Bound checks in hot loops. This was actually a lesson I’d already learned while building diff-match-patch-rs — removing bound checks in a hot loop gives you disproportionate gains. Same thing here. The compiler can’t eliminate bounds checks it can’t prove are unnecessary. Restructuring the inner loop to make that proof possible was one of the higher-leverage things I did.

Where This Is Going

The pipeline I described — Whisper, classifier, RAG, LLM — is not an unusual architecture. Anyone building a voice agent or a document assistant is doing something similar. The infrastructure problem I hit is not unique to my setup.
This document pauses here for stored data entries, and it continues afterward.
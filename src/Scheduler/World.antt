-- ===== src/Scheduler/World.antt =====
-- What one `AnalysisManager` thread of lib/cuckoo/core/scheduler.py shares with the program, its
-- local variables, and everything that the code around it answers.
use capev.Base.{ℕ, zero, suc, String, Bool, Option, List, ◌∷◌, keep, not, str_eq}
use capev.Database.Sql.{Faults}
use capev.Database.Machines.{Machine}
use capev.Database.Guests.{Guests}
use capev.Scheduler.Exec.{Exc, Exec, raised, ok, other_error}

-- The calls that the thread makes on the machine, the auxiliary modules and the rooter.
pub data Event : Type 0 where
  vm_started vm_stopped vm_dumped : String → Event
  aux_started aux_stopped routed unrouted : Event

pub record Task : Type 0 where
  pub id : ℕ
  pub category : String
  pub machine : Option String
  pub platform : Option String
  pub tags : List String
  pub memory : Bool

pub record World : Type 0 where
  -- how often this thread holds `machine_lock`
  pub lock_depth : ℕ
  pub machines : List Machine
  pub guests : Guests
  -- `tasks` of the ResultServer: the task of an IP address
  pub tracked : List (String × ℕ)
  -- whether the analysis folder of the task exists
  pub storage : Bool
  -- the number of exceptions in the `errors` queue
  pub errors : ℕ
  pub events : List Event
  -- local variables of `launch_analysis`; `guest_log` is `none` while it is unbound
  pub unlocked : Bool
  pub dead_machine : Bool
  pub succeeded : Bool
  pub guest_log : Option (Option ℕ)

-- One round of the loop of `acquire_machine`: the machines as the other threads left them.
pub record Round : Type 0 where
  pub table : List Machine
  pub count : Faults
  pub lock : Faults
  pub now : ℕ

-- What the code around `launch_analysis` does: an exception that a call raises, if it raises one.
pub record Env : Type 0 where
  pub now : ℕ
  pub create_folder_fails : Bool
  pub file_intact : Bool
  pub file_stored : Bool
  pub pcap_link : Option Exc
  pub rounds : List Round
  pub build_options : Option Exc
  pub add_task_fails : Bool
  pub manager : String
  pub guest_start : Faults
  pub task_exists : Bool
  pub start : Option Exc
  pub route : Option Exc
  pub set_starting : Faults
  pub start_analysis : Option Exc
  -- the status that the guest manager wrote while it started the analysis, if it wrote one
  pub manager_status : Option String
  pub read_status : Faults
  pub set_running : Faults
  pub wait_for_completion : Option Exc
  pub set_stopping : Faults
  pub memory_dump : Bool
  pub need_space : Bool
  pub dump : Option Exc
  pub stop : Option Exc
  pub guest_stop : Faults
  pub unroute : Option Exc
  pub guest_remove : Faults
  pub rmtree : Option Exc
  pub release : Faults

abbrev pub note : Event → World → World
note ev w = record w { events = ev ∷ w.events }

-- `machine_lock.acquire()`, at the moment when it returns.
abbrev pub acquire_lock : World → World
acquire_lock w = record w { lock_depth = suc w.lock_depth }

-- `machine_lock.release()` raises an error where the lock is not held.
abbrev pub release_at : ℕ → Exec World (Unit {0})
release_at zero w = (raised other_error, w)
release_at (suc d) w = (ok tt, record w { lock_depth = d })

abbrev pub release_lock : Exec World (Unit {0})
release_lock w = release_at w.lock_depth w

-- `ResultServer().add_task` and `del_task`, on the map from IP addresses to tasks.
abbrev pub track : String → ℕ → World → World
track ip i w = record w {
  tracked = (ip, i) ∷ keep (λ (e : String × ℕ). not (str_eq e.0 ip)) w.tracked;
}

abbrev pub untrack : String → World → World
untrack ip w = record w { tracked = keep (λ (e : String × ℕ). not (str_eq e.0 ip)) w.tracked }
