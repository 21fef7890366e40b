-- ===== src/Scheduler/Launch.antt =====
-- `AnalysisManager.launch_analysis` of lib/cuckoo/core/scheduler.py, with the methods that
-- they call. The body of the `try` statement, its handlers and its `finally` are `guarded`,
-- `handler` and `cleanup`.
mod Acquire
pub mod Balance
pub mod Finish
mod Tests
use capev.Base.{
  ℕ, zero, suc, ◌+◌, ◌-◌, ◌==◌, String, str_eq, Bool, true, false, not, ◌&&◌, ◌||◌, Option, none,
  some, List, [], ◌∷◌, if◌then◌else◌,
}
use capev.Database.Sql.{Faults, Outcome, operational_error as no_match, returned as got, healthy}
use capev.Database.Machines.{Machine}
use capev.Database.Guests.{
  Guests, guest_start, guest_get_status, guest_set_status, guest_stop, guest_remove, Reply,
  returned, attribute_error,
}
use capev.Machinery.{acquire, availables, release}
use capev.Scheduler.Exec.{
  Exc, machine_error, network_error, guest_error, operational_error, critical_error, dead_machine,
  other_error, Result, ok, raised, blocked, Exec, pure, raise, gets, modify, external, try_except,
  try_finally, ◌>>=◌, ◌>>◌, is_machine_error, is_network_error, is_guest_error, is_operational,
  is_not_implemented, is_dead_machine,
}
use capev.Scheduler.World.{
  Event, vm_started, vm_stopped, vm_dumped, aux_started, aux_stopped, routed, unrouted, Task, World,
  Round, Env, note, acquire_lock, release_lock, track, untrack,
}

abbrev M : Type 0 → Type 0
M A = Exec World A

when : Bool → M (Unit {0}) → M (Unit {0})
when true m = m
when false m = pure tt

-- The folder of the task must not exist yet.
init_storage : Env → M Bool
init_storage e w =
    if w.storage
    then (ok false, w)
    else if e.create_folder_fails
    then (ok false, w)
    else (ok true, record w { storage = true })

is_file_category : String → Bool
is_file_category c = str_eq c "file" || str_eq c "pcap" || str_eq c "static"

-- `some b` is an early result of the analysis, `none` lets it go on.
category_checks : Env → Task → M (Option Bool)
category_checks e task =
    if is_file_category task.category && not e.file_intact
    then pure (some false)
    else if is_file_category task.category && not e.file_stored
    then pure (some false)
    else if str_eq task.category "pcap"
    then (do external e.pcap_link; pure (some true))
    else if str_eq task.category "static"
    then pure (some true)
    else pure none

-- What a round does after `machinery.acquire`; `again` is the next round.
settle_round : M Machine → Outcome (Option Machine) × List Machine → M Machine
settle_round again (no_match, ms) = do
  modify (λ w. record w { machines = ms })
  raise operational_error
settle_round again (got none, ms) = do modify (λ w. record w { machines = ms }); release_lock; again
settle_round again (got (some m), ms) = do modify (λ w. record w { machines = ms }); pure m

-- The loop of `acquire_machine`. It leaves the lock held when it returns a machine.
unfoldable pub acquire_machine : Task → List Round → M Machine
unfolding settle_round
acquire_machine task [] = λ w. (blocked, w)
acquire_machine task (r ∷ rs) =
    let again = acquire_machine task rs in
    do
      modify (λ w. acquire_lock (record w { machines = r.table }))
      if availables r.count r.table == 0
          then (do release_lock; again)
          else settle_round again
              (acquire r.lock r.now task.machine task.platform task.tags r.table)

-- `ResultServer().add_task`; where it fails the machine is released, and the analysis goes on.
unfoldable pub register : Env → Task → Machine → M (Unit {0})
register e task m =
    if e.add_task_fails
    then modify (λ w. record w {
      machines = release e.release e.now m.label w.machines;
      errors = suc w.errors;
    })
    else modify (track m.ip task.id)

bind_guest : Reply (Option ℕ) × Guests → M (Unit {0})
bind_guest (returned i, g) w = (ok tt, record w { guests = g; guest_log = some i })
bind_guest (attribute_error, g) w = (raised other_error, record w { guests = g })

mark_guest : Env → Task → Machine → M (Unit {0})
unfolding bind_guest
mark_guest e task m w =
    bind_guest
      (guest_start e.guest_start e.now e.task_exists task.id m.name m.label e.manager w.guests) w

write_guest_status : Faults → Task → String → M (Unit {0})
write_guest_status f task status =
    modify (λ w. record w { guests = guest_set_status f task.id status w.guests })

manager_writes : Option String → Task → M (Unit {0})
manager_writes none task = pure tt
manager_writes (some status) task = write_guest_status healthy task status

is_starting : Option String → Bool
is_starting none = false
is_starting (some s) = str_eq s "starting"

-- The `try` body up to and including the release of the machine lock.
unfoldable pub start_up : Env → Task → Machine → M (Unit {0})
unfolding mark_guest
start_up e task m = do
  mark_guest e task m
  modify (note (vm_started m.label))
  external e.start
  modify (note routed)
  external e.route
  release_lock
  modify (λ w. record w { unlocked = true })

-- The `try` body from there on.
unfoldable pub analyse : Env → Task → M (Unit {0})
unfolding write_guest_status manager_writes is_starting
analyse e task = do
  modify (note aux_started)
  write_guest_status e.set_starting task "starting"
  external e.start_analysis
  manager_writes e.manager_status task
  status ← gets (λ w. guest_get_status e.read_status task.id w.guests)
  if is_starting status
      then (do write_guest_status e.set_running task "running"; external e.wait_for_completion)
      else pure tt
  write_guest_status e.set_stopping task "stopping"
  modify (λ w. record w { succeeded = true })

unfoldable pub guarded : Env → Task → Machine → M (Unit {0})
guarded e task m = do start_up e task m; analyse e task

is_handled : Exc → Bool
is_handled x = is_machine_error x || is_network_error x || is_guest_error x

-- `if not unlocked: machine_lock.release()`, and `dead_machine = True` in the first clause.
unfoldable pub handler : Exc → M (Unit {0})
unfolding when
handler x = do
  unlocked ← gets (λ w. w.unlocked)
  when (not unlocked) release_lock
  modify
      (λ w. record w { dead_machine = w.dead_machine || is_machine_error x || is_network_error x })

dump_memory : Env → Task → Machine → M (Unit {0})
dump_memory e task m =
    if (e.memory_dump || task.memory) && not e.need_space
    then try_except (λ x. is_not_implemented x || is_machine_error x) (λ x. pure tt)
        (do modify (note (vm_dumped m.label)); external e.dump)
    else pure tt

stop_machine : Env → Machine → M (Unit {0})
stop_machine e m =
    try_except is_machine_error (λ x. pure tt)
      (do modify (note (vm_stopped m.label)); external e.stop)

after_stop : Reply (Unit {0}) × Guests → M (Unit {0})
after_stop (returned _, g) w = (ok tt, record w { guests = g })
after_stop (attribute_error, g) w = (raised other_error, record w { guests = g })

-- An unbound `guest_log` raises an error of its own, and `None` finds no row.
stop_guest : Env → Option (Option ℕ) → M (Unit {0})
unfolding after_stop
stop_guest e none w = (raised other_error, w)
stop_guest e (some none) w = if e.guest_stop.query then (ok tt, w) else (raised other_error, w)
stop_guest e (some (some i)) w = after_stop (guest_stop e.guest_stop e.now i w.guests) w

forget_guest : Env → Option (Option ℕ) → World → World
forget_guest e (some (some i)) w = record w { guests = guest_remove e.guest_remove i w.guests }
forget_guest e _ w = w

-- The end of the `finally` clause.
unfoldable pub leave : Env → Machine → M (Unit {0})
unfolding forget_guest
leave e m = do
  dead ← gets (λ w. w.dead_machine)
  if dead
      then (do
        modify (λ w. forget_guest e w.guest_log w)
        external e.rmtree
        modify (λ w. record w { storage = false })
        raise dead_machine)
      else modify (λ w. record w { machines = release e.release e.now m.label w.machines })

-- The `finally` clause up to the test on `dead_machine`.
unfoldable pub wind_down : Env → Task → Machine → M (Unit {0})
unfolding dump_memory stop_machine stop_guest
wind_down e task m = do
  modify (note aux_stopped)
  dump_memory e task m
  stop_machine e m
  log ← gets (λ w. w.guest_log)
  stop_guest e log
  modify (untrack m.ip)
  modify (note unrouted)
  external e.unroute

unfoldable pub cleanup : Env → Task → Machine → M (Unit {0})
cleanup e task m = do wind_down e task m; leave e m

unfoldable pub analysis : Env → Task → Machine → M (Unit {0})
unfolding is_handled
analysis e task m =
    try_finally (try_except is_handled handler (guarded e task m)) (cleanup e task m)

-- From the acquired machine to the end.
unfoldable pub with_machine : Env → Task → Machine → M Bool
with_machine e task m = do
  external e.build_options
  register e task m
  analysis e task m
  gets (λ w. w.succeeded)

-- The locals at the start of the method.
abbrev reset : World → World
reset w = record w { unlocked = false; dead_machine = false; succeeded = false; guest_log = none }

-- `except CuckooOperationalError` around the acquisition.
abbrev pub found_machine : Result Machine × World → Result (Option Machine) × World
found_machine (ok m, w) = (ok (some m), w)
found_machine (raised x, w) =
    if is_operational x then (do release_lock; pure none) w else (raised x, w)
found_machine (blocked, w) = (blocked, w)

abbrev pub go_on : Env → Task → Option Machine → M Bool
go_on e task none = pure false
go_on e task (some m) = with_machine e task m

-- What an early result of `category_checks` decides.
abbrev pub proceed : Env → Task → Option Bool → M Bool
proceed e task (some early) = pure early
proceed e task none = do
  found ← λ w. found_machine (acquire_machine task e.rounds w)
  go_on e task found

unfoldable pub launch_analysis : Env → Task → M Bool
unfolding init_storage category_checks is_file_category
launch_analysis e task = do
  modify reset
  stored ← init_storage e
  if not stored then pure false else do early ← category_checks e task; proceed e task early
What I’m building with Neurafewz is an inference runtime that takes this approach seriously: compile-time optimization, cross-model memory allocation, and preemptive scheduling as first-class primitives. The goal is to make “run five models on one GPU without paying the coordination tax” not something every team has to figure out from scratch.

More on the architecture in a separate post. For now — if you’re building multi-model pipelines and hitting the same walls, I’d be curious what your setup looks like.